UBCO researchers pioneer advanced mechanical heart valve

Sort of like testing a car, a team of researchers at UBC Okanagan has been test driving a number of mechanical heart valves (MHV)—and the one designed in their own lab appears to outperform the others.

Associate Professor Dr. Hadi Mohammadi runs the Heart Valve Performance Laboratory at UBCO’s School of Engineering. He, along with Dr. Dylan Goode, has been testing an MHV created in their lab which may, after clinical trials, supersede mechanical valves currently available for people living with heart disease.

The research, published recently in the Journal of Biomechanics, determines that MHVs may outperform tissue valves under certain conditions.

“This is the first time we’ve been able to make this claim,” says Dr.

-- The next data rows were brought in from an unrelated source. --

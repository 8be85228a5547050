-- ===== src/Errors/Classify.antt =====
-- fusen/src/resilience/classify.rs: the class of an error that decides on retries and breakers.
use fusen_rs.Errors.{
  Error, ErrorKind, ErrorCategory, ErrorOrigin, application, framework, local, remote,
  hint_is_retryable, is_server_error,
}
use fusen_rs.Resilience.Failure.{FailureClass, is_retryable}
use fusen_rs.Prelude.{
  ℕ, ◌≡◌, ◌↔◌, inl, inr, refl, Bool, true, false, ◌&&◌, ◌||◌, not, ◌==◌, leb, if◌then◌else◌, arith,
  Bool-cases,
}

pub record ClassifiedError : Type 0 where
  pub error : Error
  pub class : FailureClass

abbrev pub is_application : ErrorKind → Bool
is_application application = true
is_application framework = false

abbrev pub is_local : ErrorOrigin → Bool
is_local local = true
is_local remote = false

abbrev pub is_data_loss : ErrorCategory → Bool
is_data_loss ErrorCategory.data_loss = true
is_data_loss _ = false

unfoldable pub classify_application : ErrorOrigin → Bool → FailureClass
classify_application remote true = FailureClass.remote_failure
classify_application remote false = FailureClass.application
classify_application local server_error = FailureClass.invalid_request

unfoldable pub classify_local : ErrorCategory → FailureClass
classify_local ErrorCategory.deadline_exceeded = FailureClass.timeout
classify_local ErrorCategory.cancelled = FailureClass.cancelled
classify_local ErrorCategory.data_loss = FailureClass.protocol
classify_local ErrorCategory.payload_too_large = FailureClass.local_rejection
classify_local ErrorCategory.resource_exhausted = FailureClass.local_rejection
classify_local ErrorCategory.unavailable = FailureClass.local_rejection
classify_local _ = FailureClass.invalid_request

abbrev pub retryable_status : ℕ → Bool
retryable_status s =
    s == 408 || s == 425 || s == 429 || s == 500 || s == 502 || s == 503 || s == 504

unfoldable pub classify_status : ℕ → FailureClass
classify_status s =
    if s == 408
    then FailureClass.timeout
    else if s == 429
    then FailureClass.overloaded
    else if leb 502 s && leb s 504
    then FailureClass.unavailable
    else FailureClass.remote_server

unfoldable pub classify_error : Error → FailureClass
unfolding classify_application classify_local classify_status hint_is_retryable
classify_error e =
    if not (is_application e.kind) && not (is_local e.origin) && is_data_loss e.category
    then FailureClass.protocol
    else if is_application e.kind
    then classify_application e.origin (is_server_error e.status)
    else if is_local e.origin
    then (if hint_is_retryable e.retry_hint
        then FailureClass.transport
        else classify_local e.category)
    else if retryable_status e.status
    then (if not (hint_is_retryable e.retry_hint)
        then FailureClass.remote_failure
        else classify_status e.status)
    else if is_server_error e.status
    then FailureClass.remote_failure
    else FailureClass.invalid_request

unfoldable pub classify : Error → ClassifiedError
unfolding classify_error
classify e = record { error = e; class = classify_error e }

-- The framework errors that may pass: a local one that is hinted so or is a timeout, whatever its hint,
-- and a remote one of a transient status that is hinted so and is not corrupt data.
pub data IsTransient (e : Error) : Type 0 where
  hinted :
      e.kind ≡ framework → e.origin ≡ local → hint_is_retryable e.retry_hint ≡ true → IsTransient e
  timed_out :
      e.kind ≡ framework
      → e.origin ≡ local
      → e.category ≡ ErrorCategory.deadline_exceeded
      → IsTransient e
  peer :
      e.kind ≡ framework
      → e.origin ≡ remote
      → is_data_loss e.category ≡ false
      → retryable_status e.status ≡ true
      → hint_is_retryable e.retry_hint ≡ true
      → IsTransient e

local_timeout :
    (c : ErrorCategory)
    → is_retryable (classify_local c) ≡ true
    → c ≡ ErrorCategory.deadline_exceeded
unfolding is_retryable classify_local
local_timeout ErrorCategory.deadline_exceeded h = refl
local_timeout _ h = cc

application_stops :
    (o : ErrorOrigin) (b : Bool) → is_retryable (classify_application o b) ≡ true → ⊥
unfolding is_retryable classify_application
application_stops local b h = cc
application_stops remote true h = cc
application_stops remote false h = cc

only_transient :
    (e : Error) (k : ErrorKind) (o : ErrorOrigin)
    → e.kind ≡ k
    → e.origin ≡ o
    → is_retryable (classify_error e) ≡ true
    → IsTransient e
unfolding classify_error is_retryable
only_transient e application local ek eo h = absurd (cc (rw (ek, eo, classify_error) at h))
only_transient e application remote ek eo h =
    absurd (application_stops remote (is_server_error e.status) (rw (ek, eo, classify_error) at h))
only_transient e framework local ek eo h = elim (Bool-cases (hint_is_retryable e.retry_hint)) [
  | inl y ↦ hinted ek eo y
  | inr n ↦ timed_out ek eo (local_timeout e.category (rw (ek, eo, n, classify_error) at h))
]
only_transient e framework remote ek eo h = elim (Bool-cases (is_data_loss e.category)) [
  | inl d ↦ absurd (cc (rw (ek, eo, d, classify_error) at h))
  | inr d ↦ elim (Bool-cases (retryable_status e.status)) [
    | inl s ↦ elim (Bool-cases (hint_is_retryable e.retry_hint)) [
      | inl y ↦ peer ek eo d s y
      | inr n ↦ absurd (cc (rw (ek, eo, d, s, n, classify_error) at h))
    ]
    | inr s ↦ elim (Bool-cases (is_server_error e.status)) [
      | inl y ↦ absurd (cc (rw (ek, eo, d, s, y, classify_error) at h))
      | inr n ↦ absurd (cc (rw (ek, eo, d, s, n, classify_error) at h))
    ]
  ]
]

transient_only : (e : Error) → IsTransient e → is_retryable (classify_error e) ≡ true
unfolding classify_error is_retryable
transient_only e (hinted ek eo h) = rw (ek, eo, h) refl
transient_only e (timed_out ek eo c) = rw (ek, eo, c) (ground arith)
transient_only e (peer ek eo d s h) = rw (ek, eo, d, s, h) (ground arith)

-- An error is of a class that may be retried exactly when it is transient: a framework error that is local
-- and hinted retryable, or local and of a deadline that passed, also with a hint never to retry, or of the
-- peer with a transient status, a retryable hint and no data loss.
pub classify_error-IsTransient :
    (e : Error) → (is_retryable (classify_error e) ≡ true) ↔ IsTransient e
classify_error-IsTransient e = (only_transient e e.kind e.origin refl refl, transient_only e)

Mohammadi. “While more testing is needed to fully understand what causes the differences in how each valve performs, we are excited about the potential of this significant achievement.”

Calcific valvular heart disease—when one or more of the heart valves do not open or close properly due to calcification—is projected to affect some 4.5 million people by 2030, making it the most prevalent valvular heart condition in aging populations.

And Dr. Mohammadi explains current options for aortic valve replacement include having a new heart valve—either mechanical or valves made with natural materials such as bovine or porcine tissues—implanted.

Both options come with limitations.

Tissue valves generally perform better than MHVs and provide better blood flow, but last an average of 10 to 15 years, which could require another replacement, explains Dr. Mohammadi. Mechanical valves can last a lifetime, but do not perform as well as tissue valves, requiring patients to take daily blood thinners.

Despite advancements in prosthetic heart valves, an ideal solution remains a challenge.

“Developing a prosthetic valve with optimal hemodynamics and durability would address critical challenges worldwide,” says Dr. Mohammadi. “This research evaluates two emerging MHVs, currently in preclinical and clinical trials, designed to overcome the limitations of earlier models.”

The researchers put their iValve together with another developing valve called Triflo MHV. These two were fully tested during the study with three other valves that are similar to the current industry standard.

In the lab, each valve was tested for flow velocity using a pulse duplicator system that mimics real heart conditions. Each test included 10 cycles, and each valve underwent multiple tests. Results indicate that the iValve and Triflo achieved comparable pressure ratios and significantly lower mean and peak reverse blood flow values than the traditional MHVs. This means blood can flow more smoothly, putting less stress on blood cells, which could reduce the need for blood thinners.

Unlike most MHVs, the iValve allows blood to flow through a single open central orifice, like tissue valves. Other MHVs, including the Triflo MHV, divide the flow into smaller streams, which may increase the risk of flow-related complications.

This gives the iValve a potential advantage in terms of safer, smoother blood flow, says Dr. Goode.

“Overall, both the iValve and Triflo MHV appear to offer better performance than existing MHVs,” he says. “These results show that the new generation of mechanical valves may offer a strong combination of long-lasting performance, better blood flow and lower risk of blood clots—similar to how a natural heart valve works.”

The iValve, designed at UBC, is now being prepared for animal and clinical trials, bringing it one step closer to becoming a reality.